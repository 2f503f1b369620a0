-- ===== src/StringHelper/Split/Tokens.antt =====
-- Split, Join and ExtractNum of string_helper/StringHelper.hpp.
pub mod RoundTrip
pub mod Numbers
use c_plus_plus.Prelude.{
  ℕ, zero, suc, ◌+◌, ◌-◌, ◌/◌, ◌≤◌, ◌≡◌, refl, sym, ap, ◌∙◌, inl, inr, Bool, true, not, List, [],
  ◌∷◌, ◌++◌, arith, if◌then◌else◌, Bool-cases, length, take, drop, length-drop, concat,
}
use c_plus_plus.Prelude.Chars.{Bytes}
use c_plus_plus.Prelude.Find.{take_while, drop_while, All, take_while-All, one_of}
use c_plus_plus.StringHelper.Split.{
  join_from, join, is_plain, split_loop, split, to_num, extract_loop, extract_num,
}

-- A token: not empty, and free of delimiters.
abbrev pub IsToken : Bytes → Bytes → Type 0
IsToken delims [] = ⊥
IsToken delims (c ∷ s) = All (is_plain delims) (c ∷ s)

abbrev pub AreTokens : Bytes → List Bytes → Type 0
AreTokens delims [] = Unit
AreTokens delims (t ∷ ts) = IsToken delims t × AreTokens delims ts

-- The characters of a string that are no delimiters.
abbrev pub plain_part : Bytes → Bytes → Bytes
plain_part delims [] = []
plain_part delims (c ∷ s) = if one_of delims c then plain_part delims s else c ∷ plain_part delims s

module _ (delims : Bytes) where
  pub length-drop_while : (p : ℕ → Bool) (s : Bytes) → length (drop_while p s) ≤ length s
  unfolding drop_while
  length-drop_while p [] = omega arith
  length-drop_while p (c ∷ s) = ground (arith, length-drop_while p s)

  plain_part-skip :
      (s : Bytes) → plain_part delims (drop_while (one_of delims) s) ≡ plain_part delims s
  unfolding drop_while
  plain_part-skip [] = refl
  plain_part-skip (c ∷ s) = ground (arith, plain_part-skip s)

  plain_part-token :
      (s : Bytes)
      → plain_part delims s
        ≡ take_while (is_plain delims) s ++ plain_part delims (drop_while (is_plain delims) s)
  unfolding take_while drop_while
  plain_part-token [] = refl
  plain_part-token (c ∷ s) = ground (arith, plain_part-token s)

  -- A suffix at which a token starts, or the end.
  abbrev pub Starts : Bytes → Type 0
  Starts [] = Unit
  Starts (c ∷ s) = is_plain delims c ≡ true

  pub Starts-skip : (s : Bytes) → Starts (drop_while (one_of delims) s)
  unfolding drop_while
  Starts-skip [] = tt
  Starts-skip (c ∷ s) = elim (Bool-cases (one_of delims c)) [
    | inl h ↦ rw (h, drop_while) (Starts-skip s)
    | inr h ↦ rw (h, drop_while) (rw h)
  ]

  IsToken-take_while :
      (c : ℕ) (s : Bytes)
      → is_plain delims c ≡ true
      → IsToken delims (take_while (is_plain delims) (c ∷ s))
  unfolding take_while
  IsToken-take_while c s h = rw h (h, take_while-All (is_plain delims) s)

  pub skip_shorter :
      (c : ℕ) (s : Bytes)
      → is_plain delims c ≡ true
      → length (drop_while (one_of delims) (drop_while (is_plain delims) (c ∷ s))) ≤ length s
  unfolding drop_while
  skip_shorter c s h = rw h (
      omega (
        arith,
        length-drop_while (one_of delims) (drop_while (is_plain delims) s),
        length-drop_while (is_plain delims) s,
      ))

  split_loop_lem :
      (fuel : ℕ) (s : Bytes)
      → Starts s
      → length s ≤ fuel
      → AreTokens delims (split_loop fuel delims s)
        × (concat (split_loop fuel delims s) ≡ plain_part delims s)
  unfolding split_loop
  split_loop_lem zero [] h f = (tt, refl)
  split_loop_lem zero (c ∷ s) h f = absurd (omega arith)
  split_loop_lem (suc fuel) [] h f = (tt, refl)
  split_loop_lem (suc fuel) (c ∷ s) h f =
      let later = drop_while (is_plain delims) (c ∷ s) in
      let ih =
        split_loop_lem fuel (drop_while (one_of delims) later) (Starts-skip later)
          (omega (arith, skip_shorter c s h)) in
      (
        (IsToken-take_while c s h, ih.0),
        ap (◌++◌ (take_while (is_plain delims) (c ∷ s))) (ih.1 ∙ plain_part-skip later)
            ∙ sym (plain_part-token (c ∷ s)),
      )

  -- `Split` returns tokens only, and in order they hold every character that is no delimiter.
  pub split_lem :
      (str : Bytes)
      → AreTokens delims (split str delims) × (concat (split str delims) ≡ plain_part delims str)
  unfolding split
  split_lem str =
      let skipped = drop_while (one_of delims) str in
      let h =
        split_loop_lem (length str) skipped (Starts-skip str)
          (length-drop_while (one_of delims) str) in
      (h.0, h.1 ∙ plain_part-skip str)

━━━━

→ **WHAT YOU WILL DO**:
From the data above, copy each line that has the string "skipped".

→ **ANSWER BELOW**:
      let skipped = drop_while (one_of delims) str in
        split_loop_lem (length str) skipped (Starts-skip str)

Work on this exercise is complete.